In the study of the evolution of the family of buckwheat PYL, we chose three monocotyledons (Oryza sativa, Zea mays and Triticum aestivum) and three dicotyledonous plants (Arabidopsis thaliana, Cucumis sativus and Solanum lycopersicum) PYL families with buckwheat PYL evolution analyses (Fig. 4). Phylogenetic trees revealed that Tartary buckwheat PYL was more commonly aggregated with selected dicotyledonous plants and that these aggregated PYL protein-conserved motifs were also highly similar. In addition, collinearity analysis found that there were more homologous genes between Tartary buckwheat PYL and dicotyledonous plants, but very few homologous genes with monocotyledonous plants. Therefore, we believe that the PYL family of Tartary buckwheat existed in the ancestors of monocotyledonous and dicotyledonous plants before differentiation, but expansion occurred mainly in the ancestors of dicotyledonous plants after differentiation of monocotyledonous and dicotyledons.
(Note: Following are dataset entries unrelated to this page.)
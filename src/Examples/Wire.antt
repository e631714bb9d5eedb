-- ===== src/Examples/Wire.antt =====
-- Concrete exchanges on a scripted transport.
use sartoriuslib.Prelude.{◌≡◌, ◌≢◌, refl, none, [], ◌∷◌, true, false}
use sartoriuslib.Prelude.Bytes.{Bytes}
use sartoriuslib.Errors.{frame}
use sartoriuslib.Errors.Result.{ok, err}
use sartoriuslib.Transport.{SerialTypes}
use sartoriuslib.Transport.Fake.{
  FakeTransport, Script, verbatim, one, write, read_exact, lookup_script,
}
use sartoriuslib.Transport.Fake.Buffer.{IsQuiet, fake_transport}
use sartoriuslib.Xbpi.Framing.{parse_frame, checksum, last_byte, all_but_last, body_of}
use sartoriuslib.Xbpi.Framing.Codec.{encode_reply, decoded_reply}
use sartoriuslib.Xbpi.Client.{new_client, execute, check_refusal}
use sartoriuslib.Xbpi.Client.Exchange.{
  after_exchange, execute-reply, execute-garbled, execute-validated,
}

abbrev pub kinds : SerialTypes
kinds = record { ByteSize = Unit {0}; Parity = Unit {0}; StopBits = Unit {0} }

-- An open transport with nothing to read.
abbrev pub idle : Script → FakeTransport kinds
idle script = record {
  script = script;
  writes = [];
  read_buffer = [];
  is_open = true;
  forces_read_timeout = false;
  forces_write_timeout = false;
  last_reopen_baud = none;
  last_reopen_parity = none;
  last_reopen_stopbits = none;
  reopen_count = 0;
  forces_reopen_error = false;
}

abbrev quiet : (script : Script) → IsQuiet (idle script)
quiet script = record { opened = refl; reads = refl; writes = refl }

abbrev pub ping : Bytes
ping = 0x04 ∷ 0x01 ∷ 0x09 ∷ 0xba ∷ 0xc8 ∷ []

-- The device acknowledges.
abbrev acknowledging : FakeTransport kinds
acknowledging = idle ((ping, verbatim (one (0x03 ∷ 0x41 ∷ 0x00 ∷ 0x44 ∷ 0x99 ∷ []))) ∷ [])

-- The device answers with 0x04.
abbrev pub refusing : FakeTransport kinds
refusing = idle ((ping, verbatim (one (0x04 ∷ 0x41 ∷ 0x01 ∷ 0x04 ∷ 0x4a ∷ []))) ∷ [])

-- The checksum is wrong.
abbrev garbling : FakeTransport kinds
garbling = idle ((ping, verbatim (one (0x03 ∷ 0x41 ∷ 0x00 ∷ 0x45 ∷ 0x99 ∷ []))) ∷ [])

execute-reply_example :
    execute (fake_transport kinds) new_client ping acknowledging
    ≡ (check_refusal (decoded_reply 0x00 []), after_exchange acknowledging ping (0x99 ∷ []))
unfolding lookup_script checksum
execute-reply_example =
    execute-reply acknowledging (quiet acknowledging.script) new_client refl ping 0x00 []
      (0x99 ∷ []) refl

execute-garbled_example :
    execute (fake_transport kinds) new_client ping garbling
    ≡ (err frame, after_exchange garbling ping [])
unfolding lookup_script parse_frame last_byte all_but_last body_of checksum
execute-garbled_example =
    execute-garbled garbling (quiet garbling.script) new_client refl ping 0x03
      (0x41 ∷ 0x00 ∷ 0x45 ∷ []) (0x99 ∷ []) frame refl refl refl

execute-validated_example :
    (new_client.disposed ≡ false)
    × ((decoded_reply 0x00 []).subtype ≢ 1)
    × (parse_frame (encode_reply 0x00 []) ≡ ok (decoded_reply 0x00 []))
unfolding check_refusal execute write lookup_script read_exact parse_frame last_byte all_but_last
    body_of checksum
execute-validated_example =
    execute-validated (fake_transport kinds) new_client ping acknowledging (decoded_reply 0x00 [])
      refl

abbrev first_two : Bytes
first_two = 1 ∷ 2 ∷ []
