-- ===== src/Sbi/Lines/Split.antt =====
-- `split_lines` loses no byte and cuts behind each newline.
use sartoriuslib.Prelude.{
  ℕ, ◌≡◌, ◌≢◌, refl, sym, ap, ◌∙◌, List, [], ◌∷◌, ◌++◌, append_assoc, append-nil, true, false,
  arith, All, All-append, ◌==◌, Bool-cases, inl, inr,
}
use mathlib.Core.Path.{subst}
use sartoriuslib.Prelude.Bytes.{Bytes}
use sartoriuslib.Errors.Result.{ok, ◌>>=◌, >>=-eq-ok}
use sartoriuslib.Transport.Fake.{join}
use sartoriuslib.Sbi.Lines.{newline, split_from, split_lines}

-- A line: bytes that are no newline, then one newline.
abbrev pub IsLine : Bytes → Type 0
IsLine line = (body : Bytes) × (line ≡ body ++ newline ∷ []) × All (λ c. c ≢ newline) body

split_from-newline :
    (line : Bytes) (c : ℕ) (rest : Bytes)
    → (c == newline) ≡ true
    → split_from line (c ∷ rest) ≡ (split_from [] rest >>= λ lines. ok ((line ++ c ∷ []) ∷ lines))
unfolding split_from
split_from-newline line c rest e = rw (e, split_from)

split_from-other :
    (line : Bytes) (c : ℕ) (rest : Bytes)
    → (c == newline) ≡ false
    → split_from line (c ∷ rest) ≡ split_from (line ++ c ∷ []) rest
unfolding split_from
split_from-other line c rest e = rw (e, split_from)

split_from-nil :
    (line : Bytes) (lines : List Bytes) → split_from line [] ≡ ok lines → (lines ≡ []) × (line ≡ [])
unfolding split_from
split_from-nil [] lines h = (ground arith, refl)
split_from-nil (c ∷ line) lines h = cc

split_from_sound :
    (raw line : Bytes) (lines : List Bytes)
    → All (λ c. c ≢ newline) line
    → split_from line raw ≡ ok lines
    → (join lines ≡ line ++ raw) × All IsLine lines
split_from_sound [] line lines clean h =
    let (e, f) = split_from-nil line lines h in (cc (ap join e, f), subst (All IsLine) (sym e) tt)
split_from_sound (c ∷ rest) line lines clean h = elim (Bool-cases (c == newline)) [
  | inl e ↦
      let (others, q, r) =
        >>=-eq-ok (split_from [] rest) _ (sym (split_from-newline line c rest e) ∙ h) in
      let (joined, all) = split_from_sound rest [] others tt q in
      let same : lines ≡ (line ++ c ∷ []) ∷ others = cc r in
      let nl : c ≡ newline = ground arith in
      (
        ap join same ∙ append_assoc line (c ∷ []) (join others) ∙ ap (λ t. line ++ c ∷ t) joined,
        subst (All IsLine) (sym same) ((line, ap (λ t. line ++ t ∷ []) nl, clean), all),
      )
  | inr e ↦
      let (joined, all) =
        split_from_sound rest (line ++ c ∷ []) lines
          (All-append (λ d. d ≢ newline) line (c ∷ []) clean (ground arith, tt))
          (sym (split_from-other line c rest e) ∙ h) in
      (joined ∙ append_assoc line (c ∷ []) rest, all)
]

-- A payload that is split gives back the payload when its lines are joined, and each line is bytes other than a
-- newline with one newline behind them.
pub split_lines_sound :
    (raw : Bytes) (lines : List Bytes)
    → split_lines raw ≡ ok lines
    → (join lines ≡ raw) × All IsLine lines
unfolding split_lines
split_lines_sound raw lines h = split_from_sound raw [] lines tt h

split_from_complete :
    (body line rest : Bytes)
    → All (λ c. c ≢ newline) body
    → split_from line (body ++ newline ∷ rest)
      ≡ (split_from [] rest >>= λ lines. ok ((line ++ body ++ newline ∷ []) ∷ lines))
split_from_complete [] line rest clean = split_from-newline line newline rest refl ∙ rw append-nil
split_from_complete (c ∷ body) line rest clean =
    split_from-other line c (body ++ newline ∷ rest) (ground (arith, clean.0))
    ∙ split_from_complete body (line ++ c ∷ []) rest clean.1
    ∙ ap (λ t. split_from [] rest >>= λ lines. ok ((t ++ newline ∷ []) ∷ lines))
        (append_assoc line (c ∷ []) body)

-- Joined lines are split into the same lines.
pub split_lines-join : (lines : List Bytes) → All IsLine lines → split_lines (join lines) ≡ ok lines
unfolding split_lines split_from
split_lines-join [] h = refl
split_lines-join (l ∷ lines) ((body, e, clean), rest) =
    ap (λ t. split_from [] (t ++ join lines)) e
    ∙ ap (split_from []) (append_assoc body (newline ∷ []) (join lines))
    ∙ split_from_complete body [] (join lines) clean
    ∙ ap (λ r. r >>= λ ls. ok ((body ++ newline ∷ []) ∷ ls)) (split_lines-join lines rest)
    ∙ ap (λ t. ok (t ∷ lines)) (sym e)

split_from_empty : split_from [] [] ≡ ok []
unfolding split_from
split_from_empty = refl

-- What ends in a newline is split, whatever stands before.
split_from_total :
    (body line : Bytes) → (lines : List Bytes) × (split_from line (body ++ newline ∷ []) ≡ ok lines)
split_from_total [] line =
    ((line ++ newline ∷ []) ∷ [], split_from-newline line newline [] refl ∙ rw split_from_empty)
split_from_total (c ∷ body) line = elim (Bool-cases (c == newline)) [
  | inl e ↦
      let (lines, h) = split_from_total body [] in
      ((line ++ c ∷ []) ∷ lines, split_from-newline line c (body ++ newline ∷ []) e ∙ rw h)
  | inr e ↦
      let (lines, h) = split_from_total body (line ++ c ∷ []) in
      (lines, split_from-other line c (body ++ newline ∷ []) e ∙ h)
]

pub split_lines_total :
    (body : Bytes) → (lines : List Bytes) × (split_lines (body ++ newline ∷ []) ≡ ok lines)
unfolding split_lines
split_lines_total body = split_from_total body []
Interestingly, we found that FtPYL1 and FtPYL9 of subgroup subfamily III were different from the other members in the phylogenetic tree, gene structure, and conserved motifs and that the number of introns was significantly different. In subfamily III, except for FtPYL1, FtPYL17 and FtPYL9, all other FtPYL genes had only one exon, and FtPYL17 had only three exons, which was much fewer than the seven exons of FtPYL1 and FtPYL9. Some scholars believe that introns play an extremely important role in the process of protein translation, and a variety of exon combinations are generated in organisms through alternative splicing, thus translating a variety of proteins and improving the complexity of proteins [45, 46]. Introns have also been found to function independently of coding genes [47]. Therefore, FtPYL1 and FtPYL9 may possess distinct functions. In the ancient ancestors of organisms, their genes contained a large number of introns, and during evolution, a large number of introns of these genes were lost, which is the early intron hypothesis [48,49,50]. We hypothesized that FtPYL1 and FtPYL9 may be involved in the evolutionary differentiation of Tartary buckwheat; the degree of differentiation is lower and the FtPYL genes are more ancient than the other PYL genes.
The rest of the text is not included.